▶ [What needs to be done] From the listing below, pull out all lines with "zero" in them.
──────
-- ===== src/Consciousness/Action/Dispatch.antt =====
-- `action_parse_and_execute` of consciousness/core/action.c, and `action_get_results_str`.
pub mod Bounded
pub mod Commands
pub mod Shadow
use aion_os.Prelude.{
  ℕ, zero, suc, ◌+◌, ◌-◌, Bool, true, false, Option, none, some, List, [], ◌∷◌, ◌++◌, ltb, leb,
  ◌==◌, if◌then◌else◌, length, take,
}
use aion_os.Consciousness.Text.{Text, codes, strip_prefix, split_at}
use aion_os.Consciousness.Action.Results.{Act}
use aion_os.Consciousness.Action.Handlers.{
  Services, act_display, act_display_pixel, act_display_clear, act_audio_freq, act_audio_pcm,
  act_audio_stop, act_memory_store, act_memory_recall, act_file_read, act_file_write, act_net_fetch,
  act_cpu_freq_set, act_sleep_ms, act_hardware_query,
}

-- The handlers of the table `actions`.
pub data Action : Type 0 where
  display display_pixel display_clear : Action
  audio_freq audio_pcm audio_stop : Action
  memory_store memory_recall : Action
  file_read file_write net_fetch : Action
  cpu_freq_set sleep_ms hardware_query : Action

pub record ActionDef : Type 0 where
  pub name : Text
  pub handler : Action

abbrev def : Text → Action → ActionDef
def n h = record { name = n; handler = h }

-- The table, in its order.
pub actions : List ActionDef
actions =
    def (codes "ACT:DISPLAY") display
    ∷ def (codes "ACT:DISPLAY_PIXEL") display_pixel
    ∷ def (codes "ACT:DISPLAY_CLEAR") display_clear
    ∷ def (codes "ACT:AUDIO_FREQ") audio_freq
    ∷ def (codes "ACT:AUDIO_PCM") audio_pcm
    ∷ def (codes "ACT:AUDIO_STOP") audio_stop
    ∷ def (codes "ACT:MEMORY_STORE") memory_store
    ∷ def (codes "ACT:MEMORY_RECALL") memory_recall
    ∷ def (codes "ACT:FILE_READ") file_read
    ∷ def (codes "ACT:FILE_WRITE") file_write
    ∷ def (codes "ACT:NET_FETCH") net_fetch
    ∷ def (codes "ACT:CPU_FREQ_SET") cpu_freq_set
    ∷ def (codes "ACT:SLEEP_MS") sleep_ms
    ∷ def (codes "ACT:HARDWARE_QUERY") hardware_query
    ∷ []

-- The loop over the table: the first entry whose name begins the text behind the `<`.
pub first_match : List ActionDef → Text → Option Action
first_match [] s = none
first_match (d ∷ ds) s = elim (strip_prefix d.name s) [
  | some _ ↦ some d.handler
  | none ↦ first_match ds s
]

module _ {W : Type 0} (sv : Services W) where
  pub run_action : Action → Text → Act W → Act W
  run_action display = act_display sv
  run_action display_pixel = act_display_pixel sv
  run_action display_clear = act_display_clear sv
  run_action audio_freq = act_audio_freq sv
  run_action audio_pcm = act_audio_pcm sv
  run_action audio_stop = act_audio_stop sv
  run_action memory_store = act_memory_store sv
  run_action memory_recall = act_memory_recall sv
  run_action file_read = act_file_read sv
  run_action file_write = act_file_write sv
  run_action net_fetch = act_net_fetch sv
  run_action cpu_freq_set = act_cpu_freq_set sv
  run_action sleep_ms = act_sleep_ms sv
  run_action hardware_query = act_hardware_query sv

  -- The outer loop, from the position `p`. `none` means that the fuel ran out.
  pub scan : ℕ → Text → Act W → Option (Act W)
  scan zero p a = none
  scan (suc fuel) p a = elim (split_at b'<' p) [
    | none ↦ some a
    | some (_, behind) ↦ elim (first_match actions behind) [
      | none ↦ scan fuel behind a
      | some action ↦ elim (split_at b'>' behind) [
        | none ↦ scan fuel behind a
        | some (token, rest) ↦ scan fuel rest (run_action action (take 2047 token) a)
      ]
    ]
  ]

  pub action_parse_and_execute : Text → Act W → Option (Act W)
  action_parse_and_execute output a = scan (suc (length output)) output a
──────
▶ [Task solution]
  ℕ, zero, suc, ◌+◌, ◌-◌, Bool, true, false, Option, none, some, List, [], ◌∷◌, ◌++◌, ltb, leb,
  scan zero p a = none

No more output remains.